Published December 10, 2012
The U.S. Treasury is selling its remaining stake in insurer American International Group Inc (AIG), bringing an end to government ownership of the company about four years after it was rescued from the brink of bankruptcy.
The sale will close the chapter on one of the most politically contentious government rescues and turn a profit for taxpayers, a development once seen as inconceivable.
In a statement on Monday, the Treasury said it launched an underwritten public offering for its remaining 234.2 million shares of common stock.
At Monday's closing share price of $33.36, the stake would be worth some $7.81 billion.
Treasury said that the sale, which is expected to price imminently, would be jointly led by Bank of America Merrill Lynch (BAC), Citigroup (C), Deutsche Bank (DTT) Goldman Sachs (GSC) and JPMorgan Chase & Co (JPM).
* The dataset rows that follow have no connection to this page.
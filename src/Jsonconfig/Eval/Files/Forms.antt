-- ===== src/Jsonconfig/Eval/Files/Forms.antt =====
-- jsonconfig/eval.go: what evaluating an object makes of it, as a relation of its own.
use go.Common.{ℕ, ◌≡◌, Bool, true, false, ◌⊎◌, List, Option, some}
use go.Jsonconfig.{
  Value, null, boolean, number, text, items, object, Items, no_items, item, Fields, no_fields,
  field_of,
}
use go.Jsonconfig.Eval.{Parser, done, Expander}

module _ (expander : List ℕ → Option Expander) where
  -- A list that begins with the name of an expander.
  abbrev pub Calls : Items → Type 0
  Calls no_items = ⊥
  Calls (item (text name) rest) = (f : Expander) × (expander name ≡ some f)
  Calls (item v rest) = ⊥

  -- What a value within a list, a list and the items of one evaluate to: a list that begins with the
  -- name of an expander to what that gives for the other items, and any other to the list of what its
  -- items evaluate to. All else is its own value, objects within a list included.
  mutual
    pub data IsValue : Value → Value → Type 0 where
      is_null : IsValue null null
      is_boolean : (b : Bool) → IsValue (boolean b) (boolean b)
      is_number : (n : ℕ) → IsValue (number n) (number n)
      is_text : (s : List ℕ) → IsValue (text s) (text s)
      is_object : (m : Fields) → IsValue (object m) (object m)
      is_list : (xs : Items) (w : Value) → ListValue xs w → IsValue (items xs) w

    pub data ListValue : Items → Value → Type 0 where
      expanded :
          (name : List ℕ) (rest : Items) (f : Expander) (p q : Parser) (w : Value)
          → expander name ≡ some f
          → f rest p ≡ done w q
          → ListValue (item (text name) rest) w
      itemwise :
          (v w : Value) (rest ws : Items)
          → ¬ Calls (item v rest)
          → IsValue v w
          → ItemsValue rest ws
          → ListValue (item v rest) (items (item w ws))

    pub data ItemsValue : Items → Items → Type 0 where
      no_more : ItemsValue no_items no_items
      one_more :
          (v w : Value) (rest ws : Items)
          → IsValue v w
          → ItemsValue rest ws
          → ItemsValue (item v rest) (item w ws)

  -- What a key has afterwards: a list its value, or with testOnly, if it begins with the name of an
  -- expander, the list itself; an empty list and all else but an object, what it had.
  mutual
    pub data KeptValue (test_only : Bool) : Value → Value → Type 0 where
      kept_null : KeptValue test_only null null
      kept_boolean : (b : Bool) → KeptValue test_only (boolean b) (boolean b)
      kept_number : (n : ℕ) → KeptValue test_only (number n) (number n)
      kept_text : (s : List ℕ) → KeptValue test_only (text s) (text s)
      kept_empty : KeptValue test_only (items no_items) (items no_items)
      kept_list :
          (xs : Items) (w : Value)
          → ListValue xs w
          → (test_only ≡ false) ⊎ (¬ Calls xs)
          → KeptValue test_only (items xs) w
      kept_tested :
          (xs : Items) (w : Value)
          → ListValue xs w
          → test_only ≡ true
          → Calls xs
          → KeptValue test_only (items xs) (items xs)
      kept_object :
          (m fs : Fields) → KeptFields test_only m fs → KeptValue test_only (object m) (object fs)

    pub data KeptFields (test_only : Bool) : Fields → Fields → Type 0 where
      kept_nil : KeptFields test_only no_fields no_fields
      kept_cons :
          (k : List ℕ) (v w : Value) (m fs : Fields)
          → KeptValue test_only v w
          → KeptFields test_only m fs
          → KeptFields test_only (field_of k v m) (field_of k w fs)
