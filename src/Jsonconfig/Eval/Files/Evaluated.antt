-- ===== src/Jsonconfig/Eval/Files/Evaluated.antt =====
-- jsonconfig/eval.go: evaluating an object makes of it what the relation says.
use go.Common.{
  ℕ, ◌≡◌, refl, subst, Bool, true, false, arith, inl, inr, ◌⊎◌, List, [], ◌∷◌, ◌++◌, Option, none,
  some, Option-cases,
}
use go.Jsonconfig.{
  Value, null, boolean, number, text, items, object, Items, no_items, item, Fields, no_fields,
  field_of,
}
use go.Jsonconfig.Eval.{
  EvalErr, value_error, Parser, Result, done, failed, panics, stuck, bind, wrap, Expander,
}
use go.Jsonconfig.Eval.Files.{
  run_or, as_items, is_expression, eval_value, eval_list, eval_items, stored, evaluate_expressions,
  evaluate_field,
}
use go.Jsonconfig.Eval.Files.Forms.{
  Calls, IsValue, is_null, is_boolean, is_number, is_text, is_object, is_list, ListValue, expanded,
  itemwise, ItemsValue, no_more, one_more, KeptValue, kept_null, kept_boolean, kept_number,
  kept_text, kept_empty, kept_list, kept_tested, kept_object, KeptFields, kept_nil, kept_cons,
}

-- What holds of a value where a method gives one.
abbrev OnDone : {A : Type 0} → (A → Type 0) → Result A → Type 0
OnDone P (done a p) = P a
OnDone P (failed e p) = Unit
OnDone P panics = Unit
OnDone P stuck = Unit

OnDone-bind :
    {A B : Type 0}
    → (P : A → Type 0) (Q : B → Type 0) (r : Result A) (f : A → Parser → Result B) → OnDone P r
    → ((a : A) (p : Parser) → P a → OnDone Q (f a p))
    → OnDone Q (bind r f)
OnDone-bind P Q (done a p) f h g = g a p h
OnDone-bind P Q (failed e p) f h g = tt
OnDone-bind P Q panics f h g = tt
OnDone-bind P Q stuck f h g = tt

OnDone_map :
    {A : Type 0}
    → (P Q : A → Type 0) (r : Result A) → ((a : A) → P a → Q a)
    → OnDone P r
    → OnDone Q r
OnDone_map P Q (done a p) f h = f a h
OnDone_map P Q (failed e p) f h = tt
OnDone_map P Q panics f h = tt
OnDone_map P Q stuck f h = tt

OnDone-wrap :
    {A : Type 0}
    → (P : A → Type 0) (f : EvalErr → EvalErr) (r : Result A) → OnDone P r
    → OnDone P (wrap f r)
OnDone-wrap P f (done a p) h = h
OnDone-wrap P f (failed e p) h = tt
OnDone-wrap P f panics h = tt
OnDone-wrap P f stuck h = tt

module _ (expander : List ℕ → Option Expander) where
  plain :
      (v : Value) (rest : Items) (p : Parser)
      → ¬ Calls expander (item v rest)
      → OnDone (IsValue expander v) (eval_value expander v p)
      → ((q : Parser) → OnDone (ItemsValue expander rest) (eval_items expander rest q))
      → OnDone (ListValue expander (item v rest)) (
          bind
            (eval_value expander v p)
            (λ w q. bind (eval_items expander rest q) (λ ws t. as_items (item w ws) t)))
  plain v rest p no_call first more =
      OnDone-bind (IsValue expander v) (ListValue expander (item v rest)) (eval_value expander v p)
        (λ w q. bind (eval_items expander rest q) (λ ws t. as_items (item w ws) t)) first
        (λ w q is_w.
          OnDone-bind (ItemsValue expander rest) (ListValue expander (item v rest))
            (eval_items expander rest q) (λ ws t. as_items (item w ws) t) (more q)
            (λ ws t is_ws. itemwise v w rest ws no_call is_w is_ws))

  called :
      (name : List ℕ) (rest : Items) (p : Parser) (otherwise : Result Value)
      → (expander name ≡ none → OnDone (ListValue expander (item (text name) rest)) otherwise)
      → OnDone
          (ListValue expander (item (text name) rest))
          (run_or (expander name) rest p otherwise)
  called name rest p otherwise plainly = elim (Option-cases (expander name)) [
    | inl e ↦ rw e (plainly e)
    | inr (f, e) ↦ rw e (given f e (f rest p) refl)
  ]
    where
      given :
          (f : Expander)
          → expander name ≡ some f
          → (r : Result Value) → f rest p ≡ r
          → OnDone (ListValue expander (item (text name) rest)) r
      given f e (done w q) g = expanded name rest f p q w e g
      given f e (failed x q) g = tt
      given f e panics g = tt
      given f e stuck g = tt

  no_call :
      (name : List ℕ) (rest : Items)
      → expander name ≡ none
      → ¬ Calls expander (item (text name) rest)
  no_call name rest e (f, g) = ground (arith, e, g)

  mutual
    unfolding eval_value

    value-OnDone : (v : Value) (p : Parser) → OnDone (IsValue expander v) (eval_value expander v p)
    value-OnDone null p = is_null
    value-OnDone (boolean b) p = is_boolean b
    value-OnDone (number n) p = is_number n
    value-OnDone (text s) p = is_text s
    value-OnDone (object m) p = is_object m
    value-OnDone (items xs) p =
        OnDone_map (ListValue expander xs) (IsValue expander (items xs)) (eval_list expander xs p)
          (λ w. is_list xs w) (list-OnDone xs p)

    list-OnDone :
        (xs : Items) (p : Parser) → OnDone (ListValue expander xs) (eval_list expander xs p)
    list-OnDone no_items p = tt
    list-OnDone (item (text name) rest) p = called name rest p _ (λ e.
        plain (text name) rest p (no_call name rest e) (is_text name) (λ q. items-OnDone rest q))
    list-OnDone (item null rest) p = plain null rest p (λ c. c) is_null (λ q. items-OnDone rest q)
    list-OnDone (item (boolean b) rest) p =
        plain (boolean b) rest p (λ c. c) (is_boolean b) (λ q. items-OnDone rest q)
    list-OnDone (item (number n) rest) p =
        plain (number n) rest p (λ c. c) (is_number n) (λ q. items-OnDone rest q)
    list-OnDone (item (object m) rest) p =
        plain (object m) rest p (λ c. c) (is_object m) (λ q. items-OnDone rest q)
    list-OnDone (item (items xs) rest) p =
        plain (items xs) rest p (λ c. c)
          (OnDone_map (ListValue expander xs) (IsValue expander (items xs))
            (eval_list expander xs p) (λ w. is_list xs w) (list-OnDone xs p))
          (λ q. items-OnDone rest q)

    items-OnDone :
        (xs : Items) (p : Parser) → OnDone (ItemsValue expander xs) (eval_items expander xs p)
    items-OnDone no_items p = no_more
    items-OnDone (item v rest) p =
        OnDone-bind (IsValue expander v) (ItemsValue expander (item v rest))
          (eval_value expander v p)
          (λ w q. bind (eval_items expander rest q) (λ ws t. done (item w ws) t)) (value-OnDone v p)
          (λ w q is_w.
            OnDone-bind (ItemsValue expander rest) (ItemsValue expander (item v rest))
              (eval_items expander rest q) (λ ws t. done (item w ws) t) (items-OnDone rest q)
              (λ ws t is_ws. one_more v w rest ws is_w is_ws))

  call_or_not :
      (xs : Items)
      → ((is_expression expander xs ≡ true) × Calls expander xs)
        ⊎ ((is_expression expander xs ≡ false) × (¬ Calls expander xs))
  call_or_not no_items = inr (refl, λ c. c)
  call_or_not (item null rest) = inr (refl, λ c. c)
  call_or_not (item (boolean b) rest) = inr (refl, λ c. c)
  call_or_not (item (number n) rest) = inr (refl, λ c. c)
  call_or_not (item (object m) rest) = inr (refl, λ c. c)
  call_or_not (item (items xs) rest) = inr (refl, λ c. c)
  call_or_not (item (text name) rest) = elim (Option-cases (expander name)) [
    | inl e ↦ inr (rw e refl, no_call name rest e)
    | inr (f, e) ↦ inl (rw e refl, (f, e))
  ]

  stored-KeptValue :
      (test_only : Bool) (xs : Items) (w : Value)
      → ListValue expander xs w
      → KeptValue expander test_only (items xs) (stored expander test_only xs w)
  stored-KeptValue false xs w h = kept_list xs w h (inl refl)
  stored-KeptValue true xs w h = elim (call_or_not xs) [
    | inl (e, calls) ↦ rw e (kept_tested xs w h refl calls)
    | inr (e, not_called) ↦ rw e (kept_list xs w h (inr not_called))
  ]

  mutual
    unfolding evaluate_expressions

    fields-OnDone :
        (test_only : Bool) (seen : List (List ℕ)) (m : Fields) (p : Parser)
        → OnDone
            (KeptFields expander test_only m)
            (evaluate_expressions expander test_only seen m p)
    fields-OnDone test_only seen no_fields p = kept_nil
    fields-OnDone test_only seen (field_of k v rest) p =
        OnDone-bind (KeptValue expander test_only v)
          (KeptFields expander test_only (field_of k v rest)) _
          (λ w q.
            bind (evaluate_expressions expander test_only seen rest q)
              (λ fs t. done (field_of k w fs) t))
          (field-OnDone test_only (seen ++ (k ∷ [])) v p)
          (λ w q kept.
            OnDone-bind (KeptFields expander test_only rest)
              (KeptFields expander test_only (field_of k v rest)) _
              (λ fs t. done (field_of k w fs) t) (fields-OnDone test_only seen rest q)
              (λ fs t more. kept_cons k v w rest fs kept more))

    field-OnDone :
        (test_only : Bool) (path : List (List ℕ)) (v : Value) (p : Parser)
        → OnDone (KeptValue expander test_only v) (evaluate_field expander test_only path v p)
    field-OnDone test_only path null p = kept_null
    field-OnDone test_only path (boolean b) p = kept_boolean b
    field-OnDone test_only path (number n) p = kept_number n
    field-OnDone test_only path (text s) p = kept_text s
    field-OnDone test_only path (items no_items) p = kept_empty
    field-OnDone test_only path (items (item v rest)) p =
        OnDone-bind (ListValue expander (item v rest))
          (KeptValue expander test_only (items (item v rest))) _
          (λ w q. done (stored expander test_only (item v rest) w) q)
          (OnDone-wrap (ListValue expander (item v rest)) (value_error path)
            (eval_list expander (item v rest) p) (list-OnDone (item v rest) p))
          (λ w q h. stored-KeptValue test_only (item v rest) w h)
    field-OnDone test_only path (object m) p =
        OnDone-bind (KeptFields expander test_only m) (KeptValue expander test_only (object m)) _
          (λ fs q. done (object fs) q) (fields-OnDone test_only path m p)
          (λ fs q kept. kept_object m fs kept)

  -- Where the evaluation of an object succeeds, the object has the keys it had, in objects
  -- within it too. A value that is no list and no object is as before, and so is an empty list. A list
  -- that begins with the name of an expander becomes what that gives for the other items in some state
  -- of the parser, or with testOnly stays; any other list becomes that of its items, in which a
  -- list is evaluated in the same way and all else stays, objects included.
  pub evaluate_expressions-KeptFields :
      (test_only : Bool) (seen : List (List ℕ)) (m fs : Fields) (p q : Parser)
      → evaluate_expressions expander test_only seen m p ≡ done fs q
      → KeptFields expander test_only m fs
  evaluate_expressions-KeptFields test_only seen m fs p q e =
      subst (λ r. OnDone (KeptFields expander test_only m) r) e (fields-OnDone test_only seen m p)
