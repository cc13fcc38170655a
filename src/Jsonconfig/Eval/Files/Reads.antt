-- ===== src/Jsonconfig/Eval/Files/Reads.antt =====
-- jsonconfig/eval.go: recursiveReadJSON reads no file twice, so that reading ends.
use go.Common.{
  ℕ, zero, suc, ◌-◌, ◌≤◌, ◌<◌, ◌≡◌, ◌≢◌, refl, sym, ap, ap₂, subst, ◌∙◌, arith, Bool, true, false,
  not, ◌&&◌, ◌||◌, List, [], ◌∷◌, Option, none, some, ◌==◌, if◌then◌else◌, length, Bool-cases,
  Option-cases, inl, inr,
}
use go.Jsonconfig.{
  null, boolean, number, text, items, object, Items, no_items, item, Fields, same_key,
}
use go.Jsonconfig.Validate.{contains}
use go.Jsonconfig.Eval.{empty_path, in_file, Parser, Result, done, failed, panics, stuck, Expander}
use go.Jsonconfig.Eval.Files.{
  included, included_at, expand_file, touch_in, touches, with_pop, named_expander, env_name,
  fileobj_name, read_decoded, read_opened, read_touched, read_absolute, read_json,
  recursive_read_json, read_file,
}
use go.Jsonconfig.Eval.Files.Ends.{
  unread_in, Within, Keeps, Within-wrap, Within-Keeps, evaluate_expressions-Within,
}

same_key→eq : (a b : List ℕ) → same_key a b ≡ true → a ≡ b
same_key→eq [] [] h = refl
same_key→eq [] (y ∷ ys) h = absurd (ground (arith, h))
same_key→eq (x ∷ xs) [] h = absurd (ground (arith, h))
same_key→eq (x ∷ xs) (y ∷ ys) h = elim (Bool-cases (x == y)) [
  | inl e ↦
      let tail : same_key xs ys ≡ true = subst (λ b. (b && same_key xs ys) ≡ true) e h in
      let head : x ≡ y = ground (arith, e) in ap₂ (λ a b. a ∷ b) head (same_key→eq xs ys tail)
  | inr n ↦
      let never : false ≡ true = subst (λ b. (b && same_key xs ys) ≡ true) n h in
      absurd (ground (arith, never))
]

same_key_refl : (a : List ℕ) → same_key a a ≡ true
same_key_refl [] = refl
same_key_refl (x ∷ xs) = let e : (x == x) ≡ true = ground arith in rw (e, same_key_refl xs) refl

unread_in_more :
    (files : List (List ℕ)) (a : List ℕ) (t : List (List ℕ))
    → unread_in files (some (a ∷ t)) ≤ unread_in files (some t)
unfolding unread_in
unread_in_more [] a t = omega arith
unread_in_more (x ∷ files) a t = elim (Bool-cases (same_key a x)) [
  | inl y ↦ rw y (omega (arith, unread_in_more files a t))
  | inr n ↦ rw n (omega (arith, unread_in_more files a t))
]

-- A file that is touched now and was not is one less to read.
unread_in_less :
    (files : List (List ℕ)) (a : List ℕ) (t : List (List ℕ))
    → contains files a ≡ true
    → contains t a ≡ false
    → unread_in files (some (a ∷ t)) < unread_in files (some t)
unfolding unread_in
unread_in_less [] a t h g = absurd (ground (arith, h))
unread_in_less (x ∷ files) a t h g = elim (Bool-cases (same_key x a)) [
  | inl y ↦
      let eq = same_key→eq x a y in
      rw (eq, same_key_refl a, g) (omega (arith, unread_in_more files a t))
  | inr n ↦
      let later : contains files a ≡ true = subst (λ b. (b || contains files a) ≡ true) n h in
      let less = unread_in_less files a t later g in
      elim (Bool-cases (same_key a x)) [
        | inl y ↦ rw y (omega (arith, less))
        | inr m ↦ rw m (omega (arith, less))
      ]
]

unread_in-length : (files : List (List ℕ)) → unread_in files (some []) ≤ length files
unfolding unread_in
unread_in-length [] = omega arith
unread_in-length (x ∷ files) = omega (arith, unread_in-length files)

Within-pop :
    (files : List (List ℕ)) (n : ℕ) (r : Result Fields)
    → Within files n r
    → Within files n (with_pop r)
Within-pop files n (done a p) h = h
Within-pop files n (failed e p) h = tt
Within-pop files n panics h = tt
Within-pop files n stuck h = h

Within-mono :
    (files : List (List ℕ)) (m n : ℕ) (r : Result Fields)
    → m ≤ n
    → Within files m r
    → Within files n r
Within-mono files m n (done a p) le h = omega (arith, h, le)
Within-mono files m n (failed e p) le h = tt
Within-mono files m n panics le h = tt
Within-mono files m n stuck le h = h

Within-included :
    (files : List (List ℕ)) (n : ℕ) (r : Result Fields)
    → Within files n r
    → Within files n (included r)
Within-included files n (done a p) h = h
Within-included files n (failed e p) h = at (p.include_stack)
  where
    at : (stack : List (List ℕ)) → Within files n (included_at stack e p)
    at [] = tt
    at (path ∷ stack) = tt
Within-included files n panics h = tt
Within-included files n stuck h = h

or_expander : Option Expander → Expander → Expander
or_expander none g = g
or_expander (some f) g = f

from_some : (P : Expander → Type 0) (g f : Expander) → some g ≡ some f → P g → P f
unfolding or_expander
from_some P g f e h = subst P (ap (λ o. or_expander o g) e) h

Within-stuck :
    (files : List (List ℕ)) (n : ℕ) (r : Result Fields)
    → r ≡ stuck
    → Within files n r
    → true ≡ false
Within-stuck files n r e h = subst (λ s. Within files n s) e h

-- Reading within n unread files, of every path that is not empty.
abbrev ReadsWithin : List (List ℕ) → ℕ → (List ℕ → Parser → Result Fields) → Type 0
ReadsWithin files n read =
    (path : List ℕ) (p : Parser)
    → path ≢ []
    → unread_in files (p.touched_files) ≤ n
    → Within files n (read path p)

module _ {File : Type 0} (abs : List ℕ → Option (List ℕ)) (open_file : List ℕ → Option File)
    (decode : File → Option Fields) (expand_env_with : Expander) (find : List ℕ → Option (List ℕ))
    (registered : List ℕ → Option Expander) (files : List (List ℕ))
    (only_files : (path a : List ℕ) (f : File)
      → open_file path ≡ some f
      → abs path ≡ some a
      → contains files a ≡ true)
    (no_empty : (file : List ℕ) → find file ≢ some [])
    (env_keeps : (args : Items) (p : Parser) → Keeps p (expand_env_with args p))
    (registered_keeps : (name : List ℕ) (f : Expander)
      → registered name ≡ some f
      → (args : Items) (p : Parser) → Keeps p (f args p)) where
  expand_file-Within :
      (n : ℕ) (read : List ℕ → Parser → Result Fields)
      → ReadsWithin files n read
      → (args : Items) (p : Parser) → unread_in files (p.touched_files) ≤ n
      → Within files n (expand_file find read args p)
  unfolding expand_file
  expand_file-Within n read reads no_items p le = tt
  expand_file-Within n read reads (item null (item w rest)) p le = tt
  expand_file-Within n read reads (item (boolean b) (item w rest)) p le = tt
  expand_file-Within n read reads (item (number b) (item w rest)) p le = tt
  expand_file-Within n read reads (item (text b) (item w rest)) p le = tt
  expand_file-Within n read reads (item (items b) (item w rest)) p le = tt
  expand_file-Within n read reads (item (object b) (item w rest)) p le = tt
  expand_file-Within n read reads (item null no_items) p le = tt
  expand_file-Within n read reads (item (boolean b) no_items) p le = tt
  expand_file-Within n read reads (item (number b) no_items) p le = tt
  expand_file-Within n read reads (item (items b) no_items) p le = tt
  expand_file-Within n read reads (item (object b) no_items) p le = tt
  expand_file-Within n read reads (item (text file) no_items) p le =
      elim (Option-cases (find file)) [
        | inl e ↦ rw e tt
        | inr (path, e) ↦ rw e (
            Within-included files n (read path p)
              (reads path p (λ z. no_empty file (e ∙ ap some z)) le))
      ]

  named_expander-Within :
      (n : ℕ) (read : List ℕ → Parser → Result Fields)
      → ReadsWithin files n read
      → (name : List ℕ) (f : Expander)
      → named_expander abs open_file decode expand_env_with find registered read name ≡ some f
      → (args : Items) (p : Parser) → unread_in files (p.touched_files) ≤ n
      → Within files n (f args p)
  unfolding named_expander
  named_expander-Within n read reads name f e args p le =
      let P : Expander → Type 0 = λ g. Within files n (g args p) in
      elim (Bool-cases (same_key name env_name)) [
        | inl y ↦
            from_some P expand_env_with f
              (subst
                (λ c.
                  (if c
                    then some expand_env_with
                    else if same_key name fileobj_name
                    then some (expand_file find read)
                    else registered name)
                  ≡ some f)
                y e)
              (Within-Keeps files n p _ le (env_keeps args p))
        | inr n1 ↦
            let e1 : (if same_key name fileobj_name
                  then some (expand_file find read)
                  else registered name)
                ≡ some f =
              subst
                (λ c.
                  (if c
                    then some expand_env_with
                    else if same_key name fileobj_name
                    then some (expand_file find read)
                    else registered name)
                  ≡ some f)
                n1 e in
            elim (Bool-cases (same_key name fileobj_name)) [
              | inl y ↦
                  from_some P (expand_file find read) f
                    (subst
                      (λ c. (if c then some (expand_file find read) else registered name) ≡ some f)
                      y e1)
                    (expand_file-Within n read reads args p le)
              | inr n2 ↦ Within-Keeps files n p _ le (
                  registered_keeps name f
                    (subst
                      (λ c. (if c then some (expand_file find read) else registered name) ≡ some f)
                      n2 e1)
                    args p)
            ]
      ]

  read_opened-Within :
      (n : ℕ) (read : List ℕ → Parser → Result Fields) (path : List ℕ) (p : Parser)
      → ReadsWithin files n read
      → unread_in files (p.touched_files) ≤ n
      → Within files n (
          read_opened abs open_file decode expand_env_with find registered read path
            (open_file path)
            p)
  unfolding read_opened read_decoded
  read_opened-Within n read path p reads le = elim (Option-cases (open_file path)) [
    | inl e ↦ rw e tt
    | inr (f, e) ↦ elim (Option-cases (decode f)) [
      | inl d ↦ rw (e, d) tt
      | inr (m, d) ↦
          rw (e, d)
            (Within-wrap files n (in_file path) _ (
              evaluate_expressions-Within files n _ false [] m p
                (named_expander-Within n read reads) le))
    ]
  ]

  read_touched-Within :
      (n : ℕ) (read : List ℕ → Parser → Result Fields) (path a : List ℕ) (t : List (List ℕ))
      (p : Parser)
      → abs path ≡ some a
      → contains t a ≡ false
      → unread_in files (some t) ≤ n
      → ((m : ℕ) → m < n → ReadsWithin files m read)
      → Within files n (
          read_touched abs open_file decode expand_env_with find registered read path
            (touch_in (some t) a p))
  unfolding read_touched read_opened
  read_touched-Within n read path a t p is_abs fresh le reads =
      elim (Option-cases (open_file path)) [
        | inl e ↦ rw e tt
        | inr (f, e) ↦
            let less = unread_in_less files a t (only_files path a f e is_abs) fresh in
            let lt : n - 1 < n = omega (arith, less, le) in
            Within-pop files n _ (
              Within-mono files (n - 1) n _ (omega arith) (
                read_opened-Within (n - 1) read path
                  (record { touched_files = some (a ∷ t); include_stack = a ∷ p.include_stack })
                  (reads (n - 1) lt) (omega (arith, less, le))))
      ]

  read_json-Within :
      (n : ℕ) (read : List ℕ → Parser → Result Fields)
      → ((m : ℕ) → m < n → ReadsWithin files m read)
      → ReadsWithin files n (read_json abs open_file decode expand_env_with find registered read)
  unfolding read_json read_absolute read_touched
  read_json-Within n read reads [] p nonempty le = absurd (nonempty refl)
  read_json-Within n read reads (b ∷ path) p nonempty le = elim (Option-cases (abs (b ∷ path))) [
    | inl e ↦ rw e tt
    | inr (a, e) ↦ elim (Bool-cases (touches (p.touched_files) a)) [
      | inl y ↦ rw (e, y) tt
      | inr fresh ↦ elim (Option-cases (p.touched_files)) [
        | inl none_yet ↦ rw (e, fresh, none_yet) tt
        | inr (t, now) ↦
            let fresh' : contains t a ≡ false = subst (λ o. touches o a ≡ false) now fresh in
            let le' : unread_in files (some t) ≤ n = subst (λ o. unread_in files o ≤ n) now le in
            rw (e, fresh)
              (subst
                (λ o. Within files n (
                  read_touched abs open_file decode expand_env_with find registered read (b ∷ path)
                    (touch_in o a p)))
                (sym now) (read_touched-Within n read (b ∷ path) a t p e fresh' le' reads))
      ]
    ]
  ]

  recursive_read_json-Within :
      (fuel n : ℕ)
      → n < fuel
      → ReadsWithin files n
          (recursive_read_json abs open_file decode expand_env_with find registered fuel)
  unfolding recursive_read_json
  recursive_read_json-Within zero n lt = absurd (omega arith)
  recursive_read_json-Within (suc fuel) n lt =
      read_json-Within n _ (λ m less. recursive_read_json-Within fuel m (omega (arith, lt, less)))

  never : true ≢ false
  never h = ground (arith, h)

  read_root-Within :
      (path : List ℕ) (p : Parser)
      → unread_in files (p.touched_files) ≤ length files
      → Within files (length files) (
          recursive_read_json abs open_file decode expand_env_with find registered
            (suc (suc (length files)))
            path
            p)
  unfolding recursive_read_json read_json
  read_root-Within [] p le =
      read_opened-Within (length files) _ [] p
        (recursive_read_json-Within (suc (length files)) (length files) (omega arith)) le
  read_root-Within (b ∷ path) p le =
      recursive_read_json-Within (suc (suc (length files))) (length files) (omega arith) (b ∷ path)
        p (λ e. ground (arith, e)) le

  -- ReadFile always ends, whatever files include each other: the depth of the includes is at most
  -- the number of files, with one for the file itself and one for the reading that finds a file
  -- touched. The files that can be opened are among a list of absolute paths, ConfigFilePath
  -- never gives the empty path, and the expander of _env and the functions registered end and leave
  -- the parser as it is.
  pub read_file-ne-stuck :
      (has_hook : Bool) (path : List ℕ) (p : Parser)
      → read_file abs open_file decode expand_env_with find registered
          (suc (suc (length files)))
          has_hook
          path
          p
        ≢ stuck
  unfolding read_file
  read_file-ne-stuck has_hook path p e = elim (Bool-cases (same_key path [] && not has_hook)) [
    | inl y ↦ never (
        Within-stuck files (length files) (failed empty_path p)
          (subst
            (λ c.
              (if c
                then failed empty_path p
                else recursive_read_json abs open_file decode expand_env_with find registered
                    (suc (suc (length files))) path
                    record { touched_files = some []; include_stack = p.include_stack })
              ≡ stuck)
            y e)
          tt)
    | inr n ↦ never (
        Within-stuck files (length files) _
          (subst
            (λ c.
              (if c
                then failed empty_path p
                else recursive_read_json abs open_file decode expand_env_with find registered
                    (suc (suc (length files))) path
                    record { touched_files = some []; include_stack = p.include_stack })
              ≡ stuck)
            n e)
          (read_root-Within path record { touched_files = some []; include_stack = p.include_stack }
            (unread_in-length files)))
  ]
Treasury also said it would continue to hold warrants to buy common stock even after the share offering is complete.
In September 2008, AIG was rescued minutes before it would have been forced to file for bankruptcy protection. The massive bailout ultimately totaled $182.5 billion.
At one point, the government estimated it would never be able to recover all of those funds. But as AIG restructured and returned to viability, it was able to repay the entire rescue plus generate a profit for U.S. taxpayers.
AIG was one of the Treasury Department's most contentious bailouts. U.S. lawmakers began calling for Treasury Secretary Timothy Geithner's resignation after it was revealed that AIG paid $165 million in retention bonuses to employees of a unit that is blamed for destroying the company through investment in risky derivatives.
It prompted Republican lawmaker Charles Grassley to call for AIG executives to resign or commit suicide, though the Iowa senator eventually backtracked from those comments.
The company also funneled over $90 billion of taxpayer money - more than half the funds the government used to rescue AIG - to various European and Wall Street banks, including Goldman Sachs, Deutsche Bank and Barclays Plc (BCS)
Robert Benmosche, the former CEO of MetLife (MET), took over as CEO of AIG in August 2009, replacing Edward Liddy, who had been installed by the U.S. government. He will ultimately get the lion's share of the credit for turning the company around and preventing a fire sale of its assets.
In September, Benmosche said the company may be in a position to consider a dividend by next summer.